- [What to produce]: What is needed is an exact copy of all the records.

━━━ Data in this exercise

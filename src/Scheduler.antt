-- ===== src/Scheduler.antt =====
-- engines/high_throughput/container_sched.py: how many workers each type of task should have. The
-- float product `floor(ratio * max_workers)` is the parameter `share`. The `while` loop draws types
-- at random until enough are handed out; it runs here on the draws, and has no result where they end
-- before it does. `to_die_list` and `old_worker_map` are read by log messages only.
pub mod Shares
mod Tests
use func_x.Prelude.{
  ℕ, zero, suc, ◌+◌, ◌-◌, min, String, Bool, true, false, Option, none, some, List, [], ◌∷◌,
  if◌then◌else◌, ltb,
}
use func_x.Prelude.Dict.{Dict, get?, put, get_or, keys}

-- `sum(d.values())`
abbrev pub total : Dict ℕ → ℕ
total [] = 0
total ((k, n) ∷ d) = n + total d

-- `random.choice(q_types)` over and over: a type that has more tasks than workers gets one more.
unfoldable pub top_up : Dict ℕ → List String → ℕ → Dict ℕ → Option (Dict ℕ)
top_up q_sizes draws zero new_worker_map = some new_worker_map
top_up q_sizes [] (suc difference) new_worker_map = none
top_up q_sizes (win_q ∷ draws) (suc difference) new_worker_map =
    let n = get_or win_q 0 new_worker_map in
    elim (ltb n (get_or win_q 0 q_sizes)) [
      | true ↦ top_up q_sizes draws difference (put win_q (suc n) new_worker_map)
      | false ↦ top_up q_sizes draws (suc difference) new_worker_map
    ]

module _ (share : ℕ → ℕ → ℕ → ℕ) where
  -- Each type's part of the workers, and no more than it has tasks.
  unfoldable pub proportions : ℕ → ℕ → Dict ℕ → Dict ℕ
  proportions sum_q_size max_workers [] = []
  proportions sum_q_size max_workers ((q_type, q_size) ∷ q_sizes) =
      (q_type, min (share q_size sum_q_size max_workers) q_size)
      ∷ proportions sum_q_size max_workers q_sizes

  unfoldable pub naive_scheduler : Dict ℕ → ℕ → List String → Option (Dict ℕ)
  naive_scheduler outstanding_task_count max_workers draws =
      let sum_q_size = total outstanding_task_count in
      let started = proportions sum_q_size max_workers outstanding_task_count in
      if ltb 0 sum_q_size
      then top_up outstanding_task_count draws
          (min (max_workers - total started) (sum_q_size - total started)) started
      else some []
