-- ===== src/Node/Scheduling.antt =====
-- The second half of a turn of `pull_tasks`: how many workers each type should have, starting and
-- stopping them, and handing tasks to the free ones.
use func_x.Prelude.{
  ℕ, zero, suc, ◌+◌, String, Bool, false, not, none, some, List, [], ◌∷◌, is_empty, if◌then◌else◌,
}
use func_x.Prelude.Int.{ℤ, pos_part}
use func_x.Prelude.Dict.{Dict, get?, get_or, ◌=?◌}
use func_x.Prelude.Python.{
  key_error, Result, raise, return, Action, get, modify, pure, lift, ◌>>=◌, ◌>>◌,
}
use func_x.WorkerMap.{get_worker_counts}
use func_x.WorkerMap.Launch.{spin_up_workers}
use func_x.WorkerMap.Choose.{get_next_worker_q, spin_down_workers}
use func_x.Scheduler.{naive_scheduler}
use func_x.Node.{
  Setup, Node, max_worker_count, on_workers, update_all, remove_worker_init, send_task_to_worker,
}

-- Whether a type has a task in its queue and a free worker. The second queue is looked up only
-- where there is a task.
unfoldable pub has_match : String → Node → Result Bool
has_match task_type s =
    if is_empty (get_or task_type [] s.task_queues)
    then return false
    else elim (get? task_type s.worker_map.worker_queues) [
      | none ↦ raise key_error
      | some workers ↦ return (not (is_empty workers))
    ]

unfoldable pub match_loop : ℕ → String → ℕ → Action Node (Unit {0})
unfolding has_match send_task_to_worker
match_loop zero task_type now = pure tt
match_loop (suc n) task_type now = do
  s ← get
  matched ← lift (has_match task_type s)
  if matched then send_task_to_worker task_type now else pure tt
  match_loop n task_type now

unfoldable pub match_types : Dict ℤ → ℕ → Action Node (Unit {0})
unfolding match_loop
match_types [] now = pure tt
match_types ((task_type, available_workers) ∷ rest) now = do
  if task_type =? "unused" then pure tt else match_loop (pos_part available_workers) task_type now
  match_types rest now

unfoldable pub remove_workers : List String → Action Node (Unit {0})
unfolding remove_worker_init
remove_workers [] = pure tt
remove_workers (w_type ∷ spin_downs) = do remove_worker_init w_type; remove_workers spin_downs

-- The scheduler's counts are numbers; none of the manager's is negative, by `Counted`.
abbrev pub task_counts : Dict ℤ → Dict ℕ
task_counts [] = []
task_counts ((k, n) ∷ d) = (k, pos_part n) ∷ task_counts d

unfoldable pub staff : Setup → Dict ℕ → ℕ → Action Node (Unit {0})
unfolding remove_workers match_types
staff c new_worker_map now = do
  s ← get
  (queue, need_more) ← lift (get_next_worker_q c.shuffle s.worker_map new_worker_map)
  modify (λ s. record s { next_worker_q = queue })
  (spin_ups, rest) ← on_workers (spin_up_workers c.os c.options queue)
  modify (λ s. record s { next_worker_q = rest; worker_procs = update_all spin_ups s.worker_procs })
  s ← get
  (spin_downs, switches) ← lift (
      spin_down_workers s.worker_map new_worker_map c.worker_max_idletime need_more c.scheduler_mode
        now)
  modify (λ s. record s { switch_count = s.switch_count + switches })
  remove_workers spin_downs
  s ← get
  match_types (get_worker_counts s.worker_map) now

-- With too few draws the scheduler is still at its loop, and nothing has happened.
unfoldable pub schedule : Setup → List String → ℕ → Action Node (Unit {0})
unfolding staff max_worker_count
schedule c draws now s =
    elim (naive_scheduler c.share (task_counts s.outstanding_task_count) (max_worker_count c)
      draws) [ none ↦ (return tt, s) | some new_worker_map ↦ staff c new_worker_map now s ]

━━━━━━

- [Solution]:
filename src/Scheduler.antt
-- ===== src/Scheduler.antt =====
-- engines/high_throughput/container_sched.py: how many workers each type of task should have. The
-- float product `floor(ratio * max_workers)` is the parameter `share`. The `while` loop draws types
-- at random until enough are handed out; it runs here on the draws, and has no result where they end
-- before it does. `to_die_list` and `old_worker_map` are read by log messages only.
pub mod Shares
mod Tests
use func_x.Prelude.{
  ℕ, zero, suc, ◌+◌, ◌-◌, min, String, Bool, true, false, Option, none, some, List, [], ◌∷◌,
  if◌then◌else◌, ltb,
}
use func_x.Prelude.Dict.{Dict, get?, put, get_or, keys}

-- `sum(d.values())`
abbrev pub total : Dict ℕ → ℕ
total [] = 0
total ((k, n) ∷ d) = n + total d

-- `random.choice(q_types)` over and over: a type that has more tasks than workers gets one more.
unfoldable pub top_up : Dict ℕ → List String → ℕ → Dict ℕ → Option (Dict ℕ)
top_up q_sizes draws zero new_worker_map = some new_worker_map
top_up q_sizes [] (suc difference) new_worker_map = none
top_up q_sizes (win_q ∷ draws) (suc difference) new_worker_map =
    let n = get_or win_q 0 new_worker_map in
    elim (ltb n (get_or win_q 0 q_sizes)) [
      | true ↦ top_up q_sizes draws difference (put win_q (suc n) new_worker_map)
      | false ↦ top_up q_sizes draws (suc difference) new_worker_map
    ]

module _ (share : ℕ → ℕ → ℕ → ℕ) where
  -- Each type's part of the workers, and no more than it has tasks.
  unfoldable pub proportions : ℕ → ℕ → Dict ℕ → Dict ℕ
  proportions sum_q_size max_workers [] = []
  proportions sum_q_size max_workers ((q_type, q_size) ∷ q_sizes) =
      (q_type, min (share q_size sum_q_size max_workers) q_size)
      ∷ proportions sum_q_size max_workers q_sizes

  unfoldable pub naive_scheduler : Dict ℕ → ℕ → List String → Option (Dict ℕ)
  naive_scheduler outstanding_task_count max_workers draws =
      let sum_q_size = total outstanding_task_count in
      let started = proportions sum_q_size max_workers outstanding_task_count in
      if ltb 0 sum_q_size
      then top_up outstanding_task_count draws
          (min (max_workers - total started) (sum_q_size - total started)) started
      else some []
-- ===== src/Node/Scheduling.antt =====
-- The second half of a turn of `pull_tasks`: how many workers each type should have, starting and
-- stopping them, and handing tasks to the free ones.
use func_x.Prelude.{
  ℕ, zero, suc, ◌+◌, String, Bool, false, not, none, some, List, [], ◌∷◌, is_empty, if◌then◌else◌,
}
use func_x.Prelude.Int.{ℤ, pos_part}
use func_x.Prelude.Dict.{Dict, get?, get_or, ◌=?◌}
use func_x.Prelude.Python.{
  key_error, Result, raise, return, Action, get, modify, pure, lift, ◌>>=◌, ◌>>◌,
}
use func_x.WorkerMap.{get_worker_counts}
use func_x.WorkerMap.Launch.{spin_up_workers}
use func_x.WorkerMap.Choose.{get_next_worker_q, spin_down_workers}
use func_x.Scheduler.{naive_scheduler}
use func_x.Node.{
  Setup, Node, max_worker_count, on_workers, update_all, remove_worker_init, send_task_to_worker,
}

-- Whether a type has a task in its queue and a free worker. The second queue is looked up only
-- where there is a task.
unfoldable pub has_match : String → Node → Result Bool
has_match task_type s =
    if is_empty (get_or task_type [] s.task_queues)
    then return false
    else elim (get? task_type s.worker_map.worker_queues) [
      | none ↦ raise key_error
      | some workers ↦ return (not (is_empty workers))
    ]

unfoldable pub match_loop : ℕ → String → ℕ → Action Node (Unit {0})
unfolding has_match send_task_to_worker
match_loop zero task_type now = pure tt
match_loop (suc n) task_type now = do
  s ← get
  matched ← lift (has_match task_type s)
  if matched then send_task_to_worker task_type now else pure tt
  match_loop n task_type now

unfoldable pub match_types : Dict ℤ → ℕ → Action Node (Unit {0})
unfolding match_loop
match_types [] now = pure tt
match_types ((task_type, available_workers) ∷ rest) now = do
  if task_type =? "unused" then pure tt else match_loop (pos_part available_workers) task_type now
  match_types rest now

unfoldable pub remove_workers : List String → Action Node (Unit {0})
unfolding remove_worker_init
remove_workers [] = pure tt
remove_workers (w_type ∷ spin_downs) = do remove_worker_init w_type; remove_workers spin_downs

-- The scheduler's counts are numbers; none of the manager's is negative, by `Counted`.
abbrev pub task_counts : Dict ℤ → Dict ℕ
task_counts [] = []
task_counts ((k, n) ∷ d) = (k, pos_part n) ∷ task_counts d

unfoldable pub staff : Setup → Dict ℕ → ℕ → Action Node (Unit {0})
unfolding remove_workers match_types
staff c new_worker_map now = do
  s ← get
  (queue, need_more) ← lift (get_next_worker_q c.shuffle s.worker_map new_worker_map)
  modify (λ s. record s { next_worker_q = queue })
  (spin_ups, rest) ← on_workers (spin_up_workers c.os c.options queue)
  modify (λ s. record s { next_worker_q = rest; worker_procs = update_all spin_ups s.worker_procs })
  s ← get
  (spin_downs, switches) ← lift (
      spin_down_workers s.worker_map new_worker_map c.worker_max_idletime need_more c.scheduler_mode
        now)
  modify (λ s. record s { switch_count = s.switch_count + switches })
  remove_workers spin_downs
  s ← get
  match_types (get_worker_counts s.worker_map) now

-- With too few draws the scheduler is still at its loop, and nothing has happened.
unfoldable pub schedule : Setup → List String → ℕ → Action Node (Unit {0})
unfolding staff max_worker_count
schedule c draws now s =
    elim (naive_scheduler c.share (task_counts s.outstanding_task_count) (max_worker_count c)
      draws) [ none ↦ (return tt, s) | some new_worker_map ↦ staff c new_worker_map now s ]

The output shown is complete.